◆ **Saved entries**
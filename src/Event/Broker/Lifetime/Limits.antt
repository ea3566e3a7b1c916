-- ===== src/Event/Broker/Lifetime/Limits.antt =====
-- The calls that add no subscription, and the limits that they therefore keep.
use onvif_simulator.Prelude.{
  ℕ, ◌≤◌, ◌≡◌, refl, String, Bool, true, false, some, arith, not, inl, inr, Bool-cases,
  Option-cases,
}
use onvif_simulator.Prelude.Int.{ℤ, pos, ltb_ℤ, pos_part}
use onvif_simulator.Prelude.Dict.{lookup, insert, delete}
use onvif_simulator.Prelude.Dict.Entries.{
  count_if-delete, count_if-retain, count_if-update_all, count_if-overwrite,
}
use onvif_simulator.Event.Subscription.{
  Subscription, SubKind, sub_kind_pull, sub_kind_push, drain, enqueue,
}
use onvif_simulator.Event.Broker.{
  Broker, Go, reap, publish, deliver, notified, record_notify_result, is_expired, is_kind,
  topic_enabled, count_by_kind,
}
use onvif_simulator.Event.Broker.Requests.{
  Readings, pull_messages, set_synchronization_point, renew, unsubscribe, require_sub, renew_found,
  pull_from,
}
use onvif_simulator.Event.Broker.Cases.{require_sub_cases, renew_found_cases}

-- At most as many subscriptions of each kind as before, under the same configuration.
pub record Shrinks (b b' : Broker) : Type 0 where
  pub same_cfg : b'.cfg ≡ b.cfg
  pub fewer : (k : SubKind) → count_by_kind k b' ≤ count_by_kind k b

pub record IsWithinLimits (b : Broker) : Type 0 where
  pub pulls_within : count_by_kind sub_kind_pull b ≤ pos_part b.cfg.max_pull_points
  pub pushes_within : count_by_kind sub_kind_push b ≤ pos_part b.cfg.max_notification_producers

pub Shrinks-IsWithinLimits : {b b' : Broker} → Shrinks b b' → IsWithinLimits b → IsWithinLimits b'
Shrinks-IsWithinLimits h w = record {
  pulls_within = simp h.same_cfg (omega (arith, h.fewer sub_kind_pull));
  pushes_within = simp h.same_cfg (omega (arith, h.fewer sub_kind_push));
}

kind-notified :
    (now : ℕ) (t : ℤ) (success : Bool) (s : Subscription) → (notified now t success s).kind ≡ s.kind
unfolding notified
kind-notified now t true s = refl
kind-notified now t false s = ground arith

module _ (b : Broker) where
  pub Shrinks-refl : Shrinks b b
  Shrinks-refl = record { same_cfg = refl; fewer = λ k. omega arith }

  pub delete-Shrinks : (id : String) → Shrinks b (record b { subs = delete id b.subs })
  unfolding count_by_kind
  delete-Shrinks id = record { same_cfg = refl; fewer = λ k. count_if-delete (is_kind k) id b.subs }

  pub overwrite-Shrinks :
      (id : String) (s s' : Subscription)
      → lookup id b.subs ≡ some s
      → s'.kind ≡ s.kind
      → Shrinks b (record b { subs = insert id s' b.subs })
  unfolding count_by_kind
  overwrite-Shrinks id s s' h same = record {
    same_cfg = refl;
    fewer = λ k. omega (arith, count_if-overwrite (is_kind k) id s s' b.subs h (same_kind k));
  }
    where
      same_kind : (k : SubKind) → is_kind k s' ≡ is_kind k s
      same_kind sub_kind_pull = ground arith
      same_kind sub_kind_push = ground arith

  pub reap-Shrinks : (now : ℕ) → Shrinks b (reap now b)
  unfolding reap count_by_kind
  reap-Shrinks now = record {
    same_cfg = refl;
    fewer = λ k. count_if-retain (is_kind k) (λ s. not (is_expired now s)) b.subs;
  }

  pub publish-Shrinks :
      (now : ℕ) (topic message : String) → Shrinks b (publish now topic message b).0
  unfolding publish deliver count_by_kind enqueue
  publish-Shrinks now topic message = elim (Bool-cases (topic_enabled topic b.cfg.topics)) [
    | inr e ↦ rw e Shrinks-refl
    | inl e ↦ rw e (record {
      same_cfg = refl;
      fewer = λ k.
          omega (
            arith,
            count_if-update_all (is_kind k) (deliver now topic message) b.subs (same_kind k),
          );
    })
  ]
    where
      same_kind :
          (k : SubKind) (s : Subscription) → is_kind k (deliver now topic message s) ≡ is_kind k s
      same_kind sub_kind_pull s = ground arith
      same_kind sub_kind_push s = ground arith

  pub record_notify_result-Shrinks :
      (now : ℕ) (id : String) (success : Bool) → Shrinks b (record_notify_result now id success b)
  unfolding record_notify_result
  record_notify_result-Shrinks now id success = elim (Option-cases (lookup id b.subs)) [
    | inl e ↦ rw (e, record_notify_result) Shrinks-refl
    | inr (s, e) ↦
        rw (e, record_notify_result)
          (overwrite-Shrinks id s _ e (kind-notified now b.cfg.notify_failure_threshold success s))
  ]

  pub require_sub-Shrinks : (now : ℕ) (id : String) → Shrinks b (require_sub now id b).0
  require_sub-Shrinks now id =
      require_sub_cases b now id (λ x. Shrinks b x.0) (λ _. Shrinks-refl)
        (λ s _ _. delete-Shrinks id) (λ s _ _. Shrinks-refl)

  pub set_synchronization_point-Shrinks :
      (now : ℕ) (id : String) → Shrinks b (set_synchronization_point now id b).0
  unfolding set_synchronization_point
  set_synchronization_point-Shrinks now id = require_sub-Shrinks now id

  pub pull_messages-Shrinks :
      (now : ℕ) (id : String) (limit : ℤ) → Shrinks b (pull_messages now id limit b).0
  unfolding pull_messages drain
  pull_messages-Shrinks now id limit = elim (Bool-cases (ltb_ℤ limit (pos 0))) [
    | inl e ↦ rw e Shrinks-refl
    | inr e ↦ rw e (
        require_sub_cases b now id (λ x. Shrinks b (pull_from id limit x.0 x.1).0)
          (λ _. Shrinks-refl) (λ s _ _. delete-Shrinks id)
          (λ s h _. overwrite-Shrinks id s (drain s limit).1 h refl))
  ]

  pub unsubscribe-Shrinks : (now : ℕ) (id : String) → Shrinks b (unsubscribe now id b).0
  unfolding unsubscribe
  unsubscribe-Shrinks now id = elim (Option-cases (lookup id b.subs)) [
    | inl e ↦ rw (e, unsubscribe) Shrinks-refl
    | inr (s, e) ↦ rw (e, unsubscribe) (delete-Shrinks id)
  ]

  pub renew-Shrinks :
      (go : Go) (r : Readings) (id text : String) → Shrinks b (renew go r id text b).0
  unfolding renew
  renew-Shrinks go r id text =
      require_sub_cases b r.at_reap id (λ x. Shrinks b (renew_found go r id text x.0 x.1).0)
        (λ _. Shrinks-refl) (λ s _ _. delete-Shrinks id)
        (λ s h _.
          renew_found_cases go r text b id s (λ x. Shrinks b x.0) (λ _. Shrinks-refl)
            (λ d _. overwrite-Shrinks id s _ h refl))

◆ **Aim of the exercise**
Find "SubKind" in the preceding records. Copy each line that holds it.

◆ **Expected answer**
  Subscription, SubKind, sub_kind_pull, sub_kind_push, drain, enqueue,
  pub fewer : (k : SubKind) → count_by_kind k b' ≤ count_by_kind k b
      same_kind : (k : SubKind) → is_kind k s' ≡ is_kind k s
          (k : SubKind) (s : Subscription) → is_kind k (deliver now topic message s) ≡ is_kind k s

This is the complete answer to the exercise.